I think a riving knife is essential and I won't use a table saw ever again without a riving knife, or a splitter that is properly adjusted to prevent the board twisting in between the blade and the fence. Using a conventional table saw without a riving knife, is not much different than using a radial arm saw to rip boards with no blade guard, and no anti-kickback pawls.

There is an illusion of safety on the TS, because you can't see most of the blade. But a kickback can occur with only a tiny smidge of the blade sticking up, and the projectile can travel at 95 mph straight into your neck.

Table saw kickbacks are by far the single most dangerous thing in shop. Because as several people just commented above, they can happen for no reason at all, even when all the conditions seem to be "favorable."

Many "newer" 1990's table saws have no riving knife. This is unacceptable. I can only say, I wish I had known how important they are, before having a severe kickback in June of this year.

For people who don't have a riving knife. You can find the original factory "splitter" guard for your saw. Or if you have bolt holes for the original splitter, you can bolt a chunk of old saw blade to your saw, and make a crude, but effective riving knife. Use washers as "shims" to get the riving knife in line with your cut.
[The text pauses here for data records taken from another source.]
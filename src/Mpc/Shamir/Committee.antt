-- ===== src/Mpc/Shamir/Committee.antt =====
-- The 2-of-3 sharing of the committee: any two of the three shares give the amount back.
use shade.Shared.{
  ℕ, zero, suc, ◌+◌, ◌-◌, ◌*◌, ◌%◌, ◌<◌, ◌≡◌, ◌≢◌, refl, ap, ◌∙◌, List, [], ◌∷◌, some, arith,
  get_elem?,
}
use shade.Shared.Int.{pos, ◌-ℤ◌, ◌*ℤ◌}
use shade.Mpc.Shamir.{Share, field_prime, modp, modinv, evaluate, shamir_split, shamir_reconstruct}

abbrev share_at : ℕ → ℕ → ℕ → Share
share_at s a x = record { x = x; y = evaluate (s ∷ a ∷ []) x }

abbrev three : ℕ → ℕ → List Share
three s a = share_at s a 1 ∷ share_at s a 2 ∷ share_at s a 3 ∷ []

both :
    {s : ℕ} {x y : Share} (p q : Share)
    → some x ≡ some p
    → some y ≡ some q
    → shamir_reconstruct (x ∷ y ∷ []) ≡ s
    → shamir_reconstruct (p ∷ q ∷ []) ≡ s
both p q ep eq e = cc

modp_small : (s : ℕ) → s < field_prime → modp (pos s) ≡ s
unfolding modp
modp_small s h = omega arith

module _ (s a : ℕ) (h : s < field_prime) where
  shares_1_2 : shamir_reconstruct (share_at s a 1 ∷ share_at s a 2 ∷ []) ≡ s
  unfolding shamir_reconstruct evaluate ◌-ℤ◌ ◌*ℤ◌
  shares_1_2 = omega arith

  shares_1_3 : shamir_reconstruct (share_at s a 1 ∷ share_at s a 3 ∷ []) ≡ s
  unfolding shamir_reconstruct evaluate ◌-ℤ◌ ◌*ℤ◌
  shares_1_3 = omega arith

  shares_2_1 : shamir_reconstruct (share_at s a 2 ∷ share_at s a 1 ∷ []) ≡ s
  unfolding shamir_reconstruct evaluate ◌-ℤ◌ ◌*ℤ◌
  shares_2_1 = omega arith

  shares_2_3 : shamir_reconstruct (share_at s a 2 ∷ share_at s a 3 ∷ []) ≡ s
  unfolding shamir_reconstruct evaluate ◌-ℤ◌ ◌*ℤ◌
  shares_2_3 = omega arith

  shares_3_1 : shamir_reconstruct (share_at s a 3 ∷ share_at s a 1 ∷ []) ≡ s
  unfolding shamir_reconstruct evaluate ◌-ℤ◌ ◌*ℤ◌
  shares_3_1 = omega arith

  shares_3_2 : shamir_reconstruct (share_at s a 3 ∷ share_at s a 2 ∷ []) ≡ s
  unfolding shamir_reconstruct evaluate ◌-ℤ◌ ◌*ℤ◌
  shares_3_2 = omega arith

  any_two :
      (i j : ℕ) (p q : Share)
      → get_elem? (three s a) i ≡ some p
      → get_elem? (three s a) j ≡ some q
      → i ≢ j
      → shamir_reconstruct (p ∷ q ∷ []) ≡ s
  any_two zero zero p q ep eq ne = absurd (ne refl)
  any_two zero (suc zero) p q ep eq ne = both p q ep eq shares_1_2
  any_two zero (suc (suc zero)) p q ep eq ne = both p q ep eq shares_1_3
  any_two zero (suc (suc (suc j))) p q ep eq ne = cc
  any_two (suc zero) zero p q ep eq ne = both p q ep eq shares_2_1
  any_two (suc zero) (suc zero) p q ep eq ne = absurd (ne refl)
  any_two (suc zero) (suc (suc zero)) p q ep eq ne = both p q ep eq shares_2_3
  any_two (suc zero) (suc (suc (suc j))) p q ep eq ne = cc
  any_two (suc (suc zero)) zero p q ep eq ne = both p q ep eq shares_3_1
  any_two (suc (suc zero)) (suc zero) p q ep eq ne = both p q ep eq shares_3_2
  any_two (suc (suc zero)) (suc (suc zero)) p q ep eq ne = absurd (ne refl)
  any_two (suc (suc zero)) (suc (suc (suc j))) p q ep eq ne = cc
  any_two (suc (suc (suc i))) j p q ep eq ne = cc

split_three : (s a : ℕ) → s < field_prime → shamir_split (pos s) (a ∷ []) 2 3 ≡ some (three s a)
unfolding shamir_split
split_three s a h = ground (arith, modp_small s h)

-- An amount below the field prime, shared by `shamirSplit` with threshold 2 among three nodes, comes
-- back from `shamirReconstruct` on any two different shares, in either order, whatever the random
-- coefficient was.
pub shamir_reconstruct-split :
    (s a i j : ℕ) (shares : List Share) (p q : Share)
    → s < field_prime
    → shamir_split (pos s) (a ∷ []) 2 3 ≡ some shares
    → get_elem? shares i ≡ some p
    → get_elem? shares j ≡ some q
    → i ≢ j
    → shamir_reconstruct (p ∷ q ∷ []) ≡ s
shamir_reconstruct-split s a i j shares p q h split ep eq ne =
    let same : three s a ≡ shares = cc (split_three s a h) in
    any_two s a h i j p q (ap (λ l. get_elem? l i) same ∙ ep) (ap (λ l. get_elem? l j) same ∙ eq) ne

-- The coefficient with which the secret `t` has the value `y` at `x`.
mask : ℕ → ℕ → ℕ → ℕ
mask t y x = (y + (field_prime - t)) * modinv (pos x) % field_prime

mask_lt : (t y x : ℕ) → mask t y x < field_prime
unfolding mask
mask_lt t y x = omega arith

hide_1 : (s t a : ℕ) → t < field_prime → share_at t (mask t (share_at s a 1).y 1) 1 ≡ share_at s a 1
unfolding mask evaluate modp modinv ◌-ℤ◌ ◌*ℤ◌
hide_1 s t a h = ground arith

hide_2 : (s t a : ℕ) → t < field_prime → share_at t (mask t (share_at s a 2).y 2) 2 ≡ share_at s a 2
unfolding mask evaluate modp modinv ◌-ℤ◌ ◌*ℤ◌
hide_2 s t a h = ground arith

hide_3 : (s t a : ℕ) → t < field_prime → share_at t (mask t (share_at s a 3).y 3) 3 ≡ share_at s a 3
unfolding mask evaluate modp modinv ◌-ℤ◌ ◌*ℤ◌
hide_3 s t a h = ground arith

-- One share says nothing about the amount: whatever share a node holds, and whatever other amount
-- below the prime one thinks of, some coefficient below the prime gives that amount the same share
-- at that node.
pub shamir_split-hides :
    (s t a i : ℕ) (shares : List Share) (p : Share)
    → s < field_prime
    → t < field_prime
    → shamir_split (pos s) (a ∷ []) 2 3 ≡ some shares
    → get_elem? shares i ≡ some p
    → (b : ℕ) × (b < field_prime)
      × (others : List Share) × (shamir_split (pos t) (b ∷ []) 2 3 ≡ some others)
      × (get_elem? others i ≡ some p)
shamir_split-hides s t a i shares p hs ht split e =
    let same : three s a ≡ shares = cc (split_three s a hs) in
    hidden i (ap (λ l. get_elem? l i) same ∙ e)
  where
    hidden :
        (k : ℕ)
        → get_elem? (three s a) k ≡ some p
        → (b : ℕ) × (b < field_prime)
          × (others : List Share) × (shamir_split (pos t) (b ∷ []) 2 3 ≡ some others)
          × (get_elem? others k ≡ some p)
    hidden zero e' = (
      mask t (share_at s a 1).y 1,
      mask_lt t _ 1,
      three t _,
      split_three t _ ht,
      ap (λ (q : Share). some q) (hide_1 s t a ht) ∙ e',
    )
    hidden (suc zero) e' = (
      mask t (share_at s a 2).y 2,
      mask_lt t _ 2,
      three t _,
      split_three t _ ht,
      ap (λ (q : Share). some q) (hide_2 s t a ht) ∙ e',
    )
    hidden (suc (suc zero)) e' = (
      mask t (share_at s a 3).y 3,
      mask_lt t _ 3,
      three t _,
      split_three t _ ht,
      ap (λ (q : Share). some q) (hide_3 s t a ht) ∙ e',
    )
    hidden (suc (suc (suc k))) e' = cc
The cheapest and easier solution is something they sell online called a "Micro Jig" Kerf Splitter. And it's only $25. Plus, it is easily removable when you need to perform a bevel cut. They sell 2 colors, with the green one being for standard 1/8th inch kerf blades. Yellow for narrow kerf blades.
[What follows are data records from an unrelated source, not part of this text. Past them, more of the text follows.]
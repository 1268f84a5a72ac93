-- ===== src/Mpc/Shamir/Tests.antt =====
-- Concrete runs of the secret sharing.
use shade.Shared.{ℕ, ◌<◌, ◌≡◌, refl, List, [], ◌∷◌, none, some, arith, get_elem?}
use shade.Shared.Int.{pos, ◌-ℤ◌, ◌*ℤ◌}
use shade.Mpc.Shamir.{Share, field_prime, shamir_split, shamir_reconstruct}
use shade.Mpc.Shamir.Committee.{shamir_reconstruct-split, shamir_split-hides}

abbrev first : Share
first = record { x = 1; y = 12 }

abbrev second : Share
second = record { x = 2; y = 17 }

abbrev third : Share
third = record { x = 3; y = 22 }

splits : shamir_split (pos 7) (5 ∷ []) 2 3 ≡ some (first ∷ second ∷ third ∷ [])
unfolding shamir_split
splits = refl

refuses : shamir_split (pos 7) [] 1 3 ≡ none
unfolding shamir_split
refuses = refl

all_three : shamir_reconstruct (first ∷ second ∷ third ∷ []) ≡ 7
unfolding shamir_reconstruct ◌-ℤ◌ ◌*ℤ◌
all_three = refl

shamir_reconstruct-split_example : shamir_reconstruct (third ∷ first ∷ []) ≡ 7
shamir_reconstruct-split_example =
    shamir_reconstruct-split 7 5 2 0 (first ∷ second ∷ third ∷ []) third first (omega arith) splits
      refl refl (omega arith)

shamir_split-hides_example :
    (b : ℕ) × (b < field_prime)
    × (others : List Share) × (shamir_split (pos 100) (b ∷ []) 2 3 ≡ some others)
    × (get_elem? others 1 ≡ some second)
shamir_split-hides_example =
    shamir_split-hides 7 100 5 1 (first ∷ second ∷ third ∷ []) second (omega arith) (omega arith)
      splits refl
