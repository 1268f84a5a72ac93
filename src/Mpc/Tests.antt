-- ===== src/Mpc/Tests.antt =====
-- A coordinator with three nodes, one of which is down, and two intents that meet.
use shade.Shared.{String, Bool, true, false, [], ◌∷◌, map, some}
use shade.Mpc.Batch.{SignedMatchBatch, sign_batch}
use shade.Mpc.Batch.Tests.{toy, node}
use shade.Mpc.Session.Tests.{intent, now}
use shade.Mpc.Round.{sign_round}
use shade.Mpc.Round.Tests.{matches}
use shade.Mpc.Node.{NodeServer}
use shade.Mpc.Network.{Endpoint}
use shade.Mpc.Coordinator.{Coordinator, submit_intent}

abbrev server : String → NodeServer
server id = record { node = node id; token = "secret"; shares = [] }

abbrev up : Bool → String → Endpoint
up reachable id = record { server = server id; reachable = reachable }

abbrev empty : Coordinator
empty = record {
  committee = record { sessions = []; intent_to_session = [] };
  endpoints = up true "n1" ∷ up true "n2" ∷ up false "n3" ∷ [];
  token = "secret";
}

abbrev loaded : Coordinator
loaded =
    (submit_intent now (some (intent "i2" "XLM" "USDC"))
      (submit_intent now (some (intent "i1" "USDC" "XLM")) empty).1).1

abbrev signed_by_two : SignedMatchBatch
signed_by_two =
    sign_round toy "b" "session-3" matches
      (map (sign_batch toy "b" matches) (node "n1" ∷ node "n2" ∷ []))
You simply drill 2 holes in your throat plate, and just push it into your throat plate. When you are doing a bevel cut, you simply remove the little insert. The holes are small, so it's a press fit, and just sits in the throat plate. It's better than nothing, and prevents wood from twisting when you're not paying attention or misusing your push stick, or if the wood is warped, etc.







redeared said:


> That would work and don't think I didn't ponder about some way adding one, but my insert is 1/16" thick aluminum, not something I want to attach anything too. Just to add, the riving knife should follow the blade so it has to be mounted on the carriage when making a angle rip cut, not easy to do on older saws that don't provide the space/design for it. While I have designed large structural steel equipment for 30 years, I don't work with metal hands on.


----------



## redeared (Feb 7, 2019)

Clever design but I question the durability and strength of 3 thin plastic pins not snapping off due to lateral forces applied preventing a kick back. If you want a riving knife do it right and not a gimmick that may work


----------



## woodnthings (Jan 24, 2009)

redeared said:


> Clever design but I question the durability and strength of 3 thin plastic pins not snapping off due to lateral forces applied preventing a kick back. If you want a riving knife do it right and not a gimmick that may work


The wood or plastic splitters keep the wood from moving off the fence behind the blade. This is a preventative, not a means of stopping one that has already started.
If it never begins, you don't need to stop it.
It doesn't take much pressure at all to keep the workpiece registered on the fence.
Those slender push sticks are not used behind the blade because they will bind the work and cause a kickback if not properly positioned.
I've made my best case for having one whether a OEM or DIY version, BUT if you chose to ignore my best advice, feel free.
It's like they say in motorcycle circles, if you haven't tipped over or crashed yet, don't give up, it will happen eventually.


----------



## redeared (Feb 7, 2019)

The TS I have was my fathers, I started using it my teens so that would be over 50+ years without a riving knife and no issues, While your advice is sound I see no need to go nuts about having one jury rigged installed. We can agree to disagree I hope. Just wanted to say I stopped riding a motorcycle 40 years ago, it was a not skill issue, just too many crazy drivers and bikers always lose.


----------



## supermuble (Nov 6, 2021)

Continuing on with my original intention of this thread, I want to show some used radial arm saws. I purchased 3 saws now, with the purpose of learning about them.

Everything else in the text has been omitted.